Only trace amount of isobutanol is produced by the native Saccharomyces cerevisiae via degradation of amino acids. Despite several attempts using engineered yeast strains expressing exogenous genes, catabolite repression of glucose must be maintained together with high activity of downstream enzymes, involving iron-sulfur assimilation and isobutanol production. Here, we examined novel roles of nonfermentable carbon transcription factor Znf1 in isobutanol production during xylose utilization. RNA-seq analysis showed that Znf1 activates genes in valine biosynthesis, Ehrlich pathway and iron-sulfur assimilation while coupled deletion or downregulated expression of BUD21 further increased isobutanol biosynthesis from xylose. Overexpression of ZNF1 and xylose-reductase/dehydrogenase (XR-XDH) variants, a xylose-specific sugar transporter, xylulokinase, and enzymes of isobutanol pathway in the engineered S. cerevisiae pho13gre3Δ strain resulted in the superb ZNXISO strain, capable of producing high levels of isobutanol from xylose. The isobutanol titer of 14.809 ± 0.400 g/L was achieved, following addition of 0.05 g/L FeSO4.7H2O in 5 L bioreactor. It corresponded to 155.88 mg/g xylose consumed and + 264.75% improvement in isobutanol yield. This work highlights a new regulatory control of alternative carbon sources by Znf1 on various metabolic pathways. Importantly, we provide a foundational step toward more sustainable production of advanced biofuels from the second most abundant carbon source xylose.
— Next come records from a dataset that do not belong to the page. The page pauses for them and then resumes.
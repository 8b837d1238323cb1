-- ===== src/Grin/Instance.antt =====
-- The protocols of src/grin/grin_tx.rs as what src/swap/protocol.rs calls: `GrinTx` behind the
-- interface of Grin/Ops.
use mw_btc_swap.Prelude.{Profile}
use mw_btc_swap.Bitcoin.Crate.{BitcoinLib}
use mw_btc_swap.Grin.Crate.{GrinTypes, GrinCrate, Slate}
use mw_btc_swap.Grin.Routines.{GrinCore, estimate_fees}
use mw_btc_swap.Grin.Ops.{GrinOps}
use mw_btc_swap.Grin.Protocols.Shared.{dshared_out_mw_tx_alice, dshared_out_mw_tx_bob}
use mw_btc_swap.Grin.Protocols.Spending.{dshared_inp_mw_tx_alice, dshared_inp_mw_tx_bob}
use mw_btc_swap.Grin.Protocols.Contract.{dcontract_mw_tx_alice, dcontract_mw_tx_bob}

abbrev pub grin_ops : {lib : BitcoinLib} {t : GrinTypes} → GrinCrate lib t → Profile → GrinOps lib
grin_ops {lib} {t} g p = record {
  Tx = t.Transaction;
  Slate = Slate t;
  SecretKey = t.SecretKey;
  PublicKey = t.PublicKey;
  State = GrinCore t;
  slate_tx = λ s. s.tx;
  tx_fee = estimate_fees g;
  pk_from_btc = g.pk_from_btc;
  sk_from_btc = g.sk_from_btc;
  sk_to_btc = g.sk_to_btc;
  dshared_out_mw_tx_alice = dshared_out_mw_tx_alice g p;
  dshared_out_mw_tx_bob = dshared_out_mw_tx_bob g p;
  dshared_inp_mw_tx_alice = dshared_inp_mw_tx_alice g p;
  dshared_inp_mw_tx_bob = dshared_inp_mw_tx_bob g p;
  dcontract_mw_tx_alice = dcontract_mw_tx_alice g p;
  dcontract_mw_tx_bob = dcontract_mw_tx_bob g p;
}
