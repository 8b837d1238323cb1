-- ===== src/Grin/Protocols/Contract/Paid.antt =====
-- What dcontract_mw_tx gives to Bob (src/grin/grin_tx.rs).
use mw_btc_swap.Prelude.{ℕ, ◌≡◌, sym, ap, none, some, [], ◌∷◌, ok, true, Profile}
use mw_btc_swap.Prelude.Results.{ok_injective}
use mw_btc_swap.Prelude.Actions.{Action, >>=-ok}
use mw_btc_swap.Net.Tcp.{Stream}
use mw_btc_swap.Bitcoin.Crate.{BitcoinLib}
use mw_btc_swap.Grin.Types.{MwCoin}
use mw_btc_swap.Grin.Crate.{GrinTypes, GrinCrate, Slate}
use mw_btc_swap.Grin.Routines.{GrinCore}
use mw_btc_swap.Grin.Ops.{ContractMwResult}
use mw_btc_swap.Grin.Core.Joint.{d_spend_coins}
use mw_btc_swap.Grin.Core.Recv.{apt_recv_coins}
use mw_btc_swap.Grin.Core.Recv.OutputCoin.{IsCoin, apt_recv_coins-IsCoin}
use mw_btc_swap.Grin.Core.Fin.{fin_tx}
use mw_btc_swap.Grin.Protocols.{on_core, send_slate, receive_slate}
use mw_btc_swap.Grin.Protocols.Contract.{dcontract_mw_tx_bob}

-- The step on the keys that a call of it is.
on_core-ok :
    {t : GrinTypes} {A : Type 0} (m : Action (GrinCore t) A) (s : GrinCore t × Stream)
    {s' : GrinCore t × Stream} {a : A}
    → on_core m s ≡ (ok a, s')
    → m s.0 ≡ (ok a, s'.0)
unfolding on_core
on_core-ok m s run = ap (λ x. (x.0, x.1.0)) run

module _ {lib : BitcoinLib} {t : GrinTypes} (g : GrinCrate lib t) (p : Profile) where
  pub dcontract_mw_tx_bob-IsCoin :
      (inp : MwCoin) (fund_value timelock : ℕ) (x : t.SecretKey) (s : GrinCore t × Stream)
      {s' : GrinCore t × Stream} {r : ContractMwResult (Slate t) t.SecretKey}
      → dcontract_mw_tx_bob g p inp fund_value timelock x s ≡ (ok r, s')
      → (coin : MwCoin) × (r.coin ≡ some coin) × IsCoin g fund_value coin
  unfolding dcontract_mw_tx_bob
  dcontract_mw_tx_bob-IsCoin inp fund_value timelock x s {r = r} run =
      let (ptx, s1, e1, run1) = >>=-ok (receive_slate g p) _ {s = s} run in
      let (spend, s2, e2, run2) =
        >>=-ok (on_core (d_spend_coins g (inp ∷ []) ptx fund_value timelock)) _ {s = s1} run1 in
      let receives = apt_recv_coins g spend.slate fund_value x in
      let (recv, s3, e3, run3) = >>=-ok (on_core receives) _ {s = s2} run2 in
      let (sent, s4, e4, run4) = >>=-ok (send_slate g p recv.slate) _ {s = s3} run3 in
      let (ptx3, s5, e5, run5) = >>=-ok (receive_slate g p) _ {s = s4} run4 in
      let (fin, s6, e6, run6) =
        >>=-ok (on_core (fin_tx g ptx3 spend.sig_key spend.sig_nonce true none (some recv.prt_sig)))
          _ {s = s5} run5 in
      let (told, s7, e7, run7) = >>=-ok (send_slate g p fin) _ {s = s6} run6 in
      (
        recv.output_coin,
        ap (λ y. y.coin) (sym (ok_injective {b = r} (ap (λ y. y.0) run7))),
        apt_recv_coins-IsCoin g spend.slate fund_value x s2.0 (on_core-ok receives s2 e3),
      )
通过过度表达转录因子 Znf1 和外源基因的酿酒酵母代谢工程提高木糖异丁醇的产量。
原生的酿酒酵母只能通过氨基酸降解产生微量的异丁醇。尽管使用表达外源基因的工程酵母菌株进行了多次尝试,但葡萄糖的分解抑制必须与下游酶的高活性一起维持,其中涉及铁硫同化和异丁醇的生产。在此,我们研究了非发酵碳转录因子 Znf1 在木糖利用过程中产生异丁醇的新作用。RNA-seq分析表明,Znf1能激活缬氨酸生物合成、艾氏途径和铁硫同化作用中的基因,而BUD21的偶联缺失或下调表达能进一步提高木糖异丁醇的生物合成。在工程化的 S. cerevisiae pho13gre3Δ 菌株中过表达 ZNF1 和木糖还原酶/脱氢酶(XR-XDH)变体、木糖特异性糖转运体、木聚糖酶和异丁醇途径的酶,产生了极好的 ZNXISO 菌株,能够从木糖中产生高水平的异丁醇。在 5 L 生物反应器中加入 0.05 g/L FeSO4.7H2O 后,异丁醇滴度达到 14.809 ± 0.400 g/L。这相当于消耗了 155.88 毫克/克木糖,异丁醇产量提高了 + 264.75%。这项工作强调了 Znf1 对各种代谢途径的替代碳源的新调控。重要的是,我们为利用第二大丰富碳源木糖更可持续地生产高级生物燃料迈出了奠基性的一步。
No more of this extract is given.